## [ASSIGNED TASK]
Please write out exactly the lines of the data below from the line holding "thread2device = put" through the line holding "states = elim", and leave out the rest.

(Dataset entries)
------------------------------------

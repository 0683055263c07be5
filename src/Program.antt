-- ===== src/Program.antt =====
-- floem/program.py: the statements of a program, and `GraphGenerator`, which makes the graph.
pub mod Statements
mod Calls
pub mod Kept
pub mod Declared
pub mod Ends
mod Samples
unfoldable pub use Statements.*
use Prim.Native.String.{◌++◌ as joined}
use floem.Prelude.{
  ℕ, zero, suc, ◌+◌, String, Bool, true, false, not, ◌&&◌, Option, none, some, List, [], ◌∷◌, ◌++◌,
  ◌==◌, Equality, String_equality, if◌then◌else◌, Result, ok, err, ◌>>=◌, ◌>>◌, Dict, get, put, has,
  map,
}
use floem.Graph.{
  GraphError, exception, out_of_fuel, Init, no_init, text_init, address_of, list_init, other_init,
  Inits, last_init, next_init, Special, plain, Element, State, Node, Trigger, Api, Before,
  instance_before, group_before, Graph, lookup,
}
use floem.Graph.Build.{check, add_element, add_state, new_state_instance}
use floem.Graph.Connect.{connect, set_instance}
use floem.Graph.Instances.{Queue, QueueEnd, user_end, new_element_instance}
use floem.Graph.Edit.{add_pipeline_state}
use floem.Storage.{
  StorageState, PopulateState, add, add_element_instance, clone, clone_populate, change_entry,
}

-- `GraphGenerator`, with the queues that elements share, the number of the next object, and the
-- memory regions and the tables `inject_populates` and `probe_compares` of the graph.
pub record Generator : Type 0 where
  pub graph : Graph
  pub composites : Dict Items
  pub elements : Dict Element
  pub queues : Dict Queue
  pub next_object : ℕ
  pub memory_regions : List MemoryRegion
  pub populates : Dict PopulateState
  pub compares : Dict StorageState

abbrev pub set_graph : Generator → Graph → Generator
set_graph s g = record s { graph = g }

unfoldable pub add_trigger : Generator → List String → String → Generator
unfolding get_resource_name
add_trigger s stack name = record s {
  graph = record s.graph {
    threads_internal =
        s.graph.threads_internal
        ++ record {
          object = s.next_object;
          name = get_resource_name stack name;
          call_instance = none;
        }
          ∷ [];
  };
  next_object = suc s.next_object;
}

unfoldable pub add_api :
    Generator
    → List String
    → String
    → List String
    → Option String
    → Option String
    → List String
    → Generator
unfolding get_resource_name
add_api s stack name call_types return_type default outputs = record s {
  graph = record s.graph {
    api_outputs = s.graph.api_outputs ++ map (get_node_name stack) outputs;
    threads_api =
        s.graph.threads_api
        ++ record {
          object = s.next_object;
          name = get_resource_name stack name;
          call_types = call_types;
          return_type = return_type;
          default_val = default;
          call_instance = none;
          return_instance = none;
          return_port = none;
        }
          ∷ [];
  };
  next_object = suc s.next_object;
}

-- An element instance with one argument, a state that is filled.
unfoldable pub note_element : Dict PopulateState → String → List String → Dict PopulateState
note_element d name (a ∷ []) = change_entry (λ p. add_element_instance p name) d a
note_element d name _ = d

-- The loop over the statements of a program.
unfoldable pub interpret_each :
    (Generator → Item → Result GraphError Generator)
    → Generator
    → Items
    → Result GraphError Generator
interpret_each call s no_items = ok s
interpret_each call s (next_item x l) = do t ← call s x; interpret_each call t l

-- The statements that are no program and no composite instance.
unfoldable pub interpret_one : List String → Generator → Item → Result GraphError Generator
unfolding add_element add_state connect new_element_instance new_state_instance add_pipeline_state
    map_resource start_core before_name add_trigger add_api adjust_init
interpret_one stack s (program l) = ok s
interpret_one stack s (composite_instance e name) = ok s
interpret_one stack s (element e) = do
  (new, g) ← add_element s.graph e
  ok (record s { graph = g; elements = put s.elements e.name e })
interpret_one stack s (state x) = do (new, g) ← add_state s.graph x; ok (set_graph s g)
interpret_one stack s (element_instance e name args) = do
  (g, q) ←
      new_element_instance s.graph s.queues e (get_node_name stack name)
        (map (get_node_name stack) args) (some (user_end name e))
  ok (record s {
    graph = g;
    queues = q;
    populates = note_element s.populates (get_node_name stack name) args;
  })
interpret_one stack s (state_instance x name init) = ok (record s {
  graph = new_state_instance s.graph x (get_node_name stack name) (adjust_init s.graph stack init);
  populates =
      change_entry (λ p. record p { storage = add p.storage (get_node_name stack name) })
        s.populates name;
  compares = change_entry (λ c. add c (get_node_name stack name)) s.compares name;
})
interpret_one stack s (memory_region r) =
    ok (record s { memory_regions = s.memory_regions ++ r ∷ [] })
interpret_one stack s (populate_state p) =
    ok (record s { populates = put s.populates p.storage.state_instance (clone_populate p) })
interpret_one stack s (compare_state c) =
    ok (record s { compares = put s.compares c.state_instance (clone c) })
interpret_one stack s (connection a b out1 in2) = do
  g ← connect s.graph (get_node_name stack a) (get_node_name stack b) out1 in2 false
  ok (set_graph s g)
interpret_one stack s (composite name l) = ok (record s { composites = put s.composites name l })
interpret_one stack s (internal_trigger name) = ok (add_trigger s stack name)
interpret_one stack s (api_function name call_types return_type default outputs) =
    ok (add_api s stack name call_types return_type default outputs)
interpret_one stack s (resource_map resource inst) = do
  g ← map_resource s.graph (get_node_name stack inst) (get_resource_name stack resource)
  ok (set_graph s g)
interpret_one stack s (resource_order a b) = ok (
    set_graph s (record s.graph {
      threads_order =
          s.graph.threads_order ++ (before_name stack a, get_resource_name stack b) ∷ [];
    }))
interpret_one stack s (process_map p thread) = ok (
    set_graph s (record s.graph {
      thread2process = put s.graph.thread2process (get_resource_name stack thread) p;
    }))
interpret_one stack s (device_map device thread cores) = ok (
    set_graph s (record s.graph {
      thread2device = put s.graph.thread2device (get_resource_name stack thread) (device, cores);
    }))
interpret_one stack s (master_process p) =
    ok (set_graph s (record s.graph { master_process = some p }))
interpret_one stack s (pipeline_state inst x) = do
  g ← add_pipeline_state s.graph (get_node_name stack inst) x
  ok (set_graph s g)
interpret_one stack s (start_with_core_id inst) = do g ← start_core s.graph inst; ok (set_graph s g)

-- The statements of a program, or of the program of an instance's composite, with the names around
-- them; none for another statement.
unfoldable pub statements_of :
    Generator → List String → Item → Result GraphError (Option (List String × Items))
statements_of s stack (program l) = ok (some (stack, l))
statements_of s stack (composite_instance e name) = do
  l ← lookup s.composites e
  ok (some (stack ++ name ∷ [], l))
statements_of s stack _ = ok none

-- `GraphGenerator.interpret` and `interpret_CompositeInstance`. The first number bounds the depth of
-- the calls.
unfoldable pub interpret : ℕ → List String → Generator → Item → Result GraphError Generator
unfolding statements_of interpret_each interpret_one
interpret zero stack s x = err out_of_fuel
interpret (suc fuel) stack s x = do
  inner ← statements_of s stack x
  elim inner [ some p ↦ interpret_each (interpret fuel p.0) s p.1 | none ↦ interpret_one stack s x ]

-- The rest of the call of `interpret`, once it has the statements.
abbrev pub interpret_inner :
    ℕ → List String → Generator → Item → Option (List String × Items) → Result GraphError Generator
interpret_inner fuel stack s x inner = elim inner [
  | some p ↦ interpret_each (interpret fuel p.0) s p.1
  | none ↦ interpret_one stack s x
]

-- `Graph.__init__`, and `GraphGenerator.__init__` with it
unfoldable pub new_graph : String → Option Graph → Graph
new_graph default original = record {
  elements = elim original [ none ↦ [] | some g ↦ g.elements ];
  instances = [];
  states = elim original [ none ↦ [] | some g ↦ g.states ];
  state_instances = elim original [ none ↦ [] | some g ↦ g.state_instances ];
  state_order = [];
  state_instance_order = [];
  threads_internal = [];
  threads_api = [];
  threads_order = [];
  threads_roots = [];
  api_outputs = [];
  pipeline_states = [];
  processes = [];
  devices = [];
  thread2process = [];
  thread2device = [];
  process2device = [];
  default_process = default;
  master_process = none;
}

unfoldable pub new_generator : String → Option Generator → Dict Queue → ℕ → Generator
unfolding new_graph
new_generator default original queues next = record {
  graph = new_graph default (elim original [ none ↦ none | some s ↦ some s.graph ]);
  composites = [];
  elements = [];
  queues = queues;
  next_object = next;
  memory_regions = [];
  populates = elim original [ none ↦ [] | some s ↦ s.populates ];
  compares = elim original [ none ↦ [] | some s ↦ s.compares ];
}

-- `program_to_graph_pass`, which goes on from the elements, states and tables of an original graph.
unfoldable pub program_to_graph_pass :
    ℕ → Item → String → Option Generator → Dict Queue → ℕ → Result GraphError Generator
unfolding interpret new_generator
program_to_graph_pass fuel x default original queues next =
    interpret fuel [] (new_generator default original queues next) x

------------------------------------

## [OUTPUT FOR THIS EXERCISE]
      thread2device = put s.graph.thread2device (get_resource_name stack thread) (device, cores);
    }))
interpret_one stack s (master_process p) =
    ok (set_graph s (record s.graph { master_process = some p }))
interpret_one stack s (pipeline_state inst x) = do
  g ← add_pipeline_state s.graph (get_node_name stack inst) x
  ok (set_graph s g)
interpret_one stack s (start_with_core_id inst) = do g ← start_core s.graph inst; ok (set_graph s g)

-- The statements of a program, or of the program of an instance's composite, with the names around
-- them; none for another statement.
unfoldable pub statements_of :
    Generator → List String → Item → Result GraphError (Option (List String × Items))
statements_of s stack (program l) = ok (some (stack, l))
statements_of s stack (composite_instance e name) = do
  l ← lookup s.composites e
  ok (some (stack ++ name ∷ [], l))
statements_of s stack _ = ok none

-- `GraphGenerator.interpret` and `interpret_CompositeInstance`. The first number bounds the depth of
-- the calls.
unfoldable pub interpret : ℕ → List String → Generator → Item → Result GraphError Generator
unfolding statements_of interpret_each interpret_one
interpret zero stack s x = err out_of_fuel
interpret (suc fuel) stack s x = do
  inner ← statements_of s stack x
  elim inner [ some p ↦ interpret_each (interpret fuel p.0) s p.1 | none ↦ interpret_one stack s x ]

-- The rest of the call of `interpret`, once it has the statements.
abbrev pub interpret_inner :
    ℕ → List String → Generator → Item → Option (List String × Items) → Result GraphError Generator
interpret_inner fuel stack s x inner = elim inner [
  | some p ↦ interpret_each (interpret fuel p.0) s p.1
  | none ↦ interpret_one stack s x
]

-- `Graph.__init__`, and `GraphGenerator.__init__` with it
unfoldable pub new_graph : String → Option Graph → Graph
new_graph default original = record {
  elements = elim original [ none ↦ [] | some g ↦ g.elements ];
  instances = [];
  states = elim original [ none ↦ [] | some g ↦ g.states ];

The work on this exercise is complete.